Top of MATERIAL FOR THIS EXERCISE

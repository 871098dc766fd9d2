-- ===== src/Pool/Tests.antt =====
-- A pool of one thread, which locks first, or after a job is pushed.
use cand_cppwith_linux.Base.{ℕ, ◌<◌, ◌≡◌, ◌≢◌, refl, true, false, List, [], ◌∷◌, ◌++◌, ok, arith}
use cand_cppwith_linux.Pool.{
  Work, ThreadPool, testing, fronted, holding, signalling, producer, worker, Event, called, pushed,
  took, other, lock, front, pop_front, signal_none, leave, call, enter, push, of_worker, of_queue,
  Steps, start, after, thread_pool_init, new_pool, moved, set_worker,
}
use cand_cppwith_linux.Pool.Order.{jobs, pushes, takes, worker-takes_in_order}
use cand_cppwith_linux.Pool.Lock.{is_inside, is_calling, worker-excludes}
use cand_cppwith_linux.Pool.Progress.{Goes, thread_pool_init-Goes}

abbrev a_job : Work
a_job = record { f = 1; arg = 2 }

abbrev locked_pool : ThreadPool
locked_pool = record (moved (new_pool 1) 0 testing) { mu = worker 0 }

locks : Steps (new_pool 1) (other ∷ []) locked_pool
locks = after other start (of_worker 0 (omega arith) (lock refl refl))

abbrev full_pool : ThreadPool
full_pool = record (new_pool 1) { caller = signalling; mu = producer; queue = a_job ∷ [] }

abbrev queued : List Event
queued = called a_job ∷ other ∷ pushed a_job ∷ []

queues : Steps (new_pool 1) queued full_pool
queues =
    after (pushed a_job)
      (after other (after (called a_job) start (of_queue (call a_job refl)))
        (of_queue (enter a_job refl refl)))
      (of_queue (push a_job refl))

one_thread : thread_pool_init 1 ≡ ok (new_pool 1)
unfolding thread_pool_init
one_thread = refl

not_empty : full_pool.queue ≢ []
not_empty e = cc

-- the worker takes the job behind the call
abbrev left_pool : ThreadPool
left_pool = record (new_pool 1) { queue = a_job ∷ [] }

abbrev front_pool : ThreadPool
front_pool =
    record (moved (record (moved left_pool 0 testing) { mu = worker 0 }) 0 (fronted a_job)) {
      mu = worker 0;
    }

abbrev taken_pool : ThreadPool
taken_pool = record (moved front_pool 0 (holding a_job)) { queue = [] }

abbrev served : List Event
served = queued ++ (other ∷ other ∷ other ∷ other ∷ took a_job ∷ [])

serves : Steps (new_pool 1) served taken_pool
unfolding set_worker
serves =
    let signalled = after other queues (of_queue (signal_none refl (λ i h. refl))) in
    let left = after other signalled (of_queue (leave refl)) in
    let inside = after other left (of_worker 0 (omega arith) (lock refl refl)) in
    let seen = after other inside (of_worker 0 (omega arith) (front a_job [] refl refl)) in
    after (took a_job) seen (of_worker 0 (omega arith) (pop_front a_job a_job [] refl refl))

worker-takes_in_order_example : jobs pushes served ≡ jobs takes served ++ []
worker-takes_in_order_example =
    worker-takes_in_order 1 (new_pool 1) taken_pool served one_thread serves

worker_inside : is_inside (locked_pool.workers 0) ≡ true
unfolding set_worker
worker_inside = refl

worker-excludes_example :
    ((j : ℕ) → j < 1 → is_inside (locked_pool.workers j) ≡ true → j ≡ 0)
    × (is_calling (locked_pool.caller) ≡ false)
worker-excludes_example =
    worker-excludes 1 (new_pool 1) locked_pool (other ∷ []) 0 one_thread locks (omega arith)
      worker_inside

thread_pool_init-Goes_example : Goes full_pool
thread_pool_init-Goes_example =
    thread_pool_init-Goes 1 (new_pool 1) full_pool queued one_thread queues not_empty
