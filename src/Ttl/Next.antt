-- ===== src/Ttl/Next.antt =====
-- next_timer_ms: the time to the first deadline.
use mathlib.Core.Path.{subst}
use cand_cppwith_linux.Base.{
  Bool, ℕ, ◌+◌, ◌-◌, ◌*◌, ◌/◌, ◌%◌, ◌^◌, ◌≤◌, ◌<◌, ◌≡◌, refl, sym, ap, ◌⊎◌, Bool-cases, inl, inr,
  true, false, Option, none, some, List, [], ◌∷◌, arith, leb, ltb, ◌==◌, ==_iff, if◌then◌else◌,
  length,
}
use cand_cppwith_linux.Base.Array.{get_or}
use cand_cppwith_linux.Base.Count.{count_p}
use cand_cppwith_linux.Heap.{HeapMem, HeapItem, no_index}
use cand_cppwith_linux.Heap.Order.{key}
use cand_cppwith_linux.Ttl.{
  deadline, k_idle_timeout_ms, no_timer, next_idle, next_ttl, next_timer_ms,
}
use cand_cppwith_linux.Ttl.Deadline.{IsValid, is_timer, deadline-some}
use cand_cppwith_linux.Ttl.SetTtl.{root-earliest}

-- a deadline: that of the first idle connection, or that of an entry
pub data IsDeadline (idle : Option ℕ) (m : HeapMem) : ℕ → Type 0 where
  of_idle :
      (idle_start : ℕ)
      → idle ≡ some idle_start
      → IsDeadline idle m ((idle_start + k_idle_timeout_ms * 1000) % 2 ^ 64)
  of_entry : (r d : ℕ) → deadline m r ≡ some d → IsDeadline idle m d

-- the timeout in milliseconds at the time `now_us`: 10 seconds if no deadline is below the largest
-- 64-bit number, and else the time to the first deadline, 0 if it is past, in 32 bits
pub data Timeout (now_us : ℕ) (idle : Option ℕ) (m : HeapMem) : ℕ → Type 0 where
  unset : ((d : ℕ) → IsDeadline idle m d → no_timer ≤ d) → Timeout now_us idle m 10000
  first :
      (d : ℕ)
      → IsDeadline idle m d
      → ((d' : ℕ) → IsDeadline idle m d' → d ≤ d')
      → Timeout now_us idle m (if leb d now_us then 0 else (d - now_us) / 1000 % 2 ^ 32)

next_ttl-le : (next_us : ℕ) (items : List HeapItem) → next_ttl next_us items ≤ next_us
unfolding next_ttl
next_ttl-le next_us [] = omega arith
next_ttl-le next_us (x ∷ items) = ground arith

next_ttl-key :
    (next_us : ℕ) (items : List HeapItem) → 0 < length items → next_ttl next_us items ≤ key items 0
unfolding next_ttl get_or
next_ttl-key next_us [] busy = absurd (omega (arith, busy))
next_ttl-key next_us (x ∷ items) busy = ground arith

some_item : (m : HeapMem) (r d : ℕ) → deadline m r ≡ some d → 0 < length m.items
unfolding deadline
some_item m r d e = go (m.items) refl
  where
    off : (b : Bool) → (if b then none else none) ≡ some d → ⊥
    off true f = cc
    off false f = cc

    go : (items : List HeapItem) → m.items ≡ items → 0 < length items
    go (x ∷ items) same = omega arith
    go [] same = absurd (off (m.cell r == no_index) (rw same at e))

-- the first deadline is not later than any
next_ttl-least :
    (idle : Option ℕ) (m : HeapMem)
    → IsValid m
    → (d : ℕ) → IsDeadline idle m d
    → next_ttl (next_idle idle) (m.items) ≤ d
unfolding next_idle
next_ttl-least idle m v _ (of_idle idle_start e) =
    omega (arith, next_ttl-le (next_idle idle) (m.items), ap next_idle e)
next_ttl-least idle m v _ (of_entry r d e) =
    omega
      (arith, next_ttl-key (next_idle idle) (m.items) (some_item m r d e), root-earliest m r d v e)

idle-IsDeadline :
    (idle : Option ℕ) (m : HeapMem)
    → (next_idle idle ≡ no_timer) ⊎ IsDeadline idle m (next_idle idle)
unfolding next_idle
idle-IsDeadline none m = inl refl
idle-IsDeadline (some idle_start) m = inr (of_idle idle_start refl)

root-IsDeadline :
    (idle : Option ℕ) (m : HeapMem) (x : HeapItem) (heap : List HeapItem)
    → IsValid m
    → m.items ≡ x ∷ heap
    → IsDeadline idle m (x.val)
unfolding count_p
root-IsDeadline idle m x heap v e =
    let e1 : (x.ref == x.ref) ≡ true = (==_iff x.ref x.ref).1 refl in
    let e2 : (x.val == x.val) ≡ true = (==_iff x.val x.val).1 refl in
    let counted : 0 < count_p (is_timer x.val x.ref) (x ∷ heap) = rw (e1, e2) (omega arith) in
    of_entry x.ref x.val (
      deadline-some m v x.ref x.val
        (subst (λ l. 0 < count_p (is_timer x.val x.ref) l) (sym e) counted))

-- if there is any, it is one
next_ttl-IsDeadline :
    (idle : Option ℕ) (m : HeapMem)
    → IsValid m
    → (items : List HeapItem) → m.items ≡ items
    → (next_ttl (next_idle idle) items ≡ no_timer)
      ⊎ IsDeadline idle m (next_ttl (next_idle idle) items)
unfolding next_ttl
next_ttl-IsDeadline idle m v [] e = idle-IsDeadline idle m
next_ttl-IsDeadline idle m v (x ∷ heap) e = elim (Bool-cases (ltb x.val (next_idle idle))) [
  | inl t ↦ rw t (inr (root-IsDeadline idle m x heap v e))
  | inr f ↦ rw f (idle-IsDeadline idle m)
]

-- In a state in order, next_timer_ms returns the time from now to the first of the deadlines of the
-- first idle connection and of all entries, in whole milliseconds and 32 bits: 0 if it is past, and
-- 10 seconds if there is none below the largest 64-bit number.
pub next_timer_ms-Timeout :
    (now_us : ℕ) (idle : Option ℕ) (m : HeapMem)
    → IsValid m
    → Timeout now_us idle m (next_timer_ms now_us idle m)
unfolding next_timer_ms
next_timer_ms-Timeout now_us idle m v =
    let next_us : ℕ = next_ttl (next_idle idle) (m.items) in
    let least = next_ttl-least idle m v in
    elim (Bool-cases (next_us == no_timer)) [
      | inl t ↦
          let e : next_us ≡ no_timer = (==_iff next_us no_timer).0 t in
          rw t (unset λ d due. omega (arith, e, least d due))
      | inr f ↦ rw f (elim (next_ttl-IsDeadline idle m v (m.items) refl) [
        | inl e ↦ absurd (ground (arith, e, f))
        | inr due ↦ first next_us due least
      ])
    ]
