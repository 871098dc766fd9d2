-- ===== src/Ttl/Tests.antt =====
-- Two entries with timers, one of which is changed.
use cand_cppwith_linux.Base.{
  ℕ, zero, suc, ◌≡◌, refl, [], ◌∷◌, some, Returns, arith, ◌==◌, if◌then◌else◌,
}
use cand_cppwith_linux.Base.Int.{pos}
use cand_cppwith_linux.Base.Array.{get_or}
use cand_cppwith_linux.Heap.{HeapMem, no_index}
use cand_cppwith_linux.Heap.Order.{IsDistinct, IsForeign, IsHeap, IsLinked}
use cand_cppwith_linux.Ttl.{entry_set_ttl, next_timer_ms}
use cand_cppwith_linux.Ttl.Next.{Timeout, next_timer_ms-Timeout}
use cand_cppwith_linux.Ttl.Deadline.{IsValid}
use cand_cppwith_linux.Ttl.SetTtl.{SetsDeadline, asked, entry_set_ttl-SetsDeadline}

abbrev timers : HeapMem
timers = record {
  items = record { val = 1; ref = 10 } ∷ record { val = 5; ref = 11 } ∷ [];
  cell = λ a. if a == 10 then 0 else if a == 11 then 1 else no_index;
}

timers-apart : IsDistinct (timers.items)
unfolding get_or
timers-apart zero zero h k e = refl
timers-apart zero (suc zero) h k e = absurd (omega (arith, e))
timers-apart (suc zero) zero h k e = absurd (omega (arith, e))
timers-apart (suc zero) (suc zero) h k e = refl
timers-apart (suc (suc i)) j h k e = absurd (omega arith)
timers-apart zero (suc (suc j)) h k e = absurd (omega arith)
timers-apart (suc zero) (suc (suc j)) h k e = absurd (omega arith)

timers-IsHeap : IsHeap (timers.items)
unfolding get_or
timers-IsHeap zero h k = absurd (omega arith)
timers-IsHeap (suc zero) h k = omega arith
timers-IsHeap (suc (suc c)) h k = absurd (omega arith)

timers-IsLinked : IsLinked timers
unfolding get_or
timers-IsLinked zero h = refl
timers-IsLinked (suc zero) h = refl
timers-IsLinked (suc (suc c)) h = absurd (omega arith)

timers-idle : (r : ℕ) → IsForeign (timers.items) r → timers.cell r ≡ no_index
unfolding get_or
timers-idle r f = let ne0 = f 0 (omega arith) in let ne1 = f 1 (omega arith) in ground arith

timers-IsValid : IsValid timers
timers-IsValid = record {
  heap = timers-IsHeap;
  apart = timers-apart;
  linked = timers-IsLinked;
  idle = timers-idle;
  small = omega arith;
}

entry_set_ttl-SetsDeadline_example :
    Returns (SetsDeadline timers 10 (asked (pos 7) 100)) (entry_set_ttl timers 10 (pos 7) 100)
entry_set_ttl-SetsDeadline_example =
    entry_set_ttl-SetsDeadline timers 10 (pos 7) 100 timers-IsValid (omega arith)

next_timer_ms-Timeout_example :
    Timeout 3 (some 2000000) timers (next_timer_ms 3 (some 2000000) timers)
next_timer_ms-Timeout_example = next_timer_ms-Timeout 3 (some 2000000) timers timers-IsValid
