-- ===== src/Wire/Send.antt =====
-- send_req of client.cpp writes the format that parse_req of server.cpp reads.
use cand_cppwith_linux.Base.{
  ℕ, ◌+◌, ◌%◌, take-length, ◌-◌, ◌≤◌, ◌<◌, ◌≡◌, refl, sym, ap, ◌∙◌, true, false, none, some, List,
  [], ◌∷◌, ◌++◌, ok, Returns, returns, Returns-eq, arith, inl, inr, Bool-cases, ltb_false→le,
  length, take, drop, length-append, ltb, leb, if◌then◌else◌,
}
use cand_cppwith_linux.Wire.{
  Bytes, u32_mod, k_max_args, k_max_msg, bytes4, u32_of, parse_req, request_len, write_strings,
  send_req,
}
use cand_cppwith_linux.Wire.Bytes.{length-bytes4, u32_of-bytes4}
use cand_cppwith_linux.Wire.Request.{
  encode_strings, encode_req, length_encode, length-encode_req, parse_req-encode_req,
}

request_len-sum :
    (len : ℕ) (cmd : List Bytes)
    → len + length (encode_strings cmd) < u32_mod
    → request_len len cmd ≡ len + length (encode_strings cmd)
unfolding request_len encode_strings
request_len-sum len [] h = omega arith
request_len-sum len (s ∷ cmd) h =
    let size = length_encode s cmd in
    let e : (len + (4 + length s)) % u32_mod ≡ len + (4 + length s) = omega arith in
    ap (λ k. request_len k cmd) e
    ∙ (request_len-sum (len + (4 + length s)) cmd (omega arith) ∙ omega arith)

write_strings-encode :
    (cur : ℕ) (cmd : List Bytes)
    → cur + length (encode_strings cmd) ≤ 4 + k_max_msg
    → write_strings cur cmd ≡ ok (encode_strings cmd)
unfolding write_strings encode_strings
write_strings-encode cur [] h = refl
write_strings-encode cur (s ∷ cmd) h =
    let size = length_encode s cmd in
    let e1 : leb (cur + 4 + length s) (4 + k_max_msg) ≡ true = ground arith in
    let e2 : length s % u32_mod ≡ length s = omega arith in
    let e3 = write_strings-encode (cur + 4 + length s) cmd (omega arith) in rw (e1, e3, e2) refl

whole :
    (cmd : List Bytes) (n : ℕ)
    → n ≡ length (encode_req cmd)
    → length cmd < u32_mod
    → take (4 + n) (bytes4 n ++ (bytes4 (length cmd % u32_mod) ++ encode_strings cmd))
      ≡ bytes4 n ++ encode_req cmd
unfolding encode_req
whole cmd n e small =
    let e1 : length cmd % u32_mod ≡ length cmd = omega arith in
    rw e1 (
      take-length (4 + n) (bytes4 n ++ encode_req cmd)
        (omega (arith, length-append (bytes4 n) (encode_req cmd), length-bytes4 n)))

few_strings : (cmd : List Bytes) → length cmd ≤ length (encode_strings cmd)
few_strings [] = omega arith
few_strings (s ∷ cmd) = omega (arith, length_encode s cmd, few_strings cmd)

-- For a command whose encoding is shorter than 2^32 bytes, send_req refuses it if the encoding is
-- longer than k_max_msg, and otherwise writes the length of the encoding and the encoding, within
-- its buffer.
pub send_req-encode_req :
    (cmd : List Bytes)
    → length (encode_req cmd) < u32_mod
    → send_req cmd
      ≡ ok (
          if ltb k_max_msg (length (encode_req cmd))
          then none
          else some (bytes4 (length (encode_req cmd)) ++ encode_req cmd))
unfolding send_req
send_req-encode_req cmd small =
    let size = length-encode_req cmd in
    let sum : request_len 4 cmd ≡ length (encode_req cmd) =
      request_len-sum 4 cmd (omega arith) ∙ sym size in
    elim (Bool-cases (ltb k_max_msg (length (encode_req cmd)))) [
      | inl e ↦ rw (sum, e) refl
      | inr e ↦
          let fits = ltb_false→le k_max_msg (length (encode_req cmd)) e in
          rw (sum, e, write_strings-encode 8 cmd (omega arith))
            (ap (λ l. ok (some l))
              (whole cmd (length (encode_req cmd)) refl (omega (arith, few_strings cmd))))
    ]

four_behind : (n : ℕ) (l : Bytes) → drop 4 (bytes4 n ++ l) ≡ l
unfolding bytes4
four_behind n l = refl

-- A command of at most k_max_args strings whose encoding has at most k_max_msg bytes is sent as one
-- message; what parse_req reads in the message behind its length is the command.
pub parse_req-send_req :
    (cmd : List Bytes)
    → length cmd ≤ k_max_args
    → length (encode_req cmd) ≤ k_max_msg
    → Returns
        (λ r.
          (message : Bytes) × (r ≡ some message)
          × (u32_of message ≡ ok (length message - 4))
          × (parse_req (drop 4 message) ≡ ok (some cmd)))
        (send_req cmd)
parse_req-send_req cmd few small =
    let e : ltb k_max_msg (length (encode_req cmd)) ≡ false = ground arith in
    let n = length (encode_req cmd) in
    let size : length (bytes4 n ++ encode_req cmd) - 4 ≡ n =
      omega (arith, length-append (bytes4 n) (encode_req cmd), length-bytes4 n) in
    let behind : drop 4 (bytes4 n ++ encode_req cmd) ≡ encode_req cmd =
      four_behind n (encode_req cmd) in
    Returns-eq (send_req-encode_req cmd (omega arith)) (
      rw e (
        returns (
          bytes4 n ++ encode_req cmd,
          refl,
          rw size (u32_of-bytes4 n (encode_req cmd) (omega arith)),
          rw behind (parse_req-encode_req cmd few (omega arith)),
        )))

Bottom of MATERIAL FOR THIS EXERCISE

__ASSIGNMENT__.
Of the entries above, repeat exactly the lines between the line with "(idle_start : ℕ)" and the line with "-- the timeout", inclusive, and no others.

__REPLY TO THE TASK__.
      (idle_start : ℕ)
      → idle ≡ some idle_start
      → IsDeadline idle m ((idle_start + k_idle_timeout_ms * 1000) % 2 ^ 64)
  of_entry : (r d : ℕ) → deadline m r ≡ some d → IsDeadline idle m d

-- the timeout in milliseconds at the time `now_us`: 10 seconds if no deadline is below the largest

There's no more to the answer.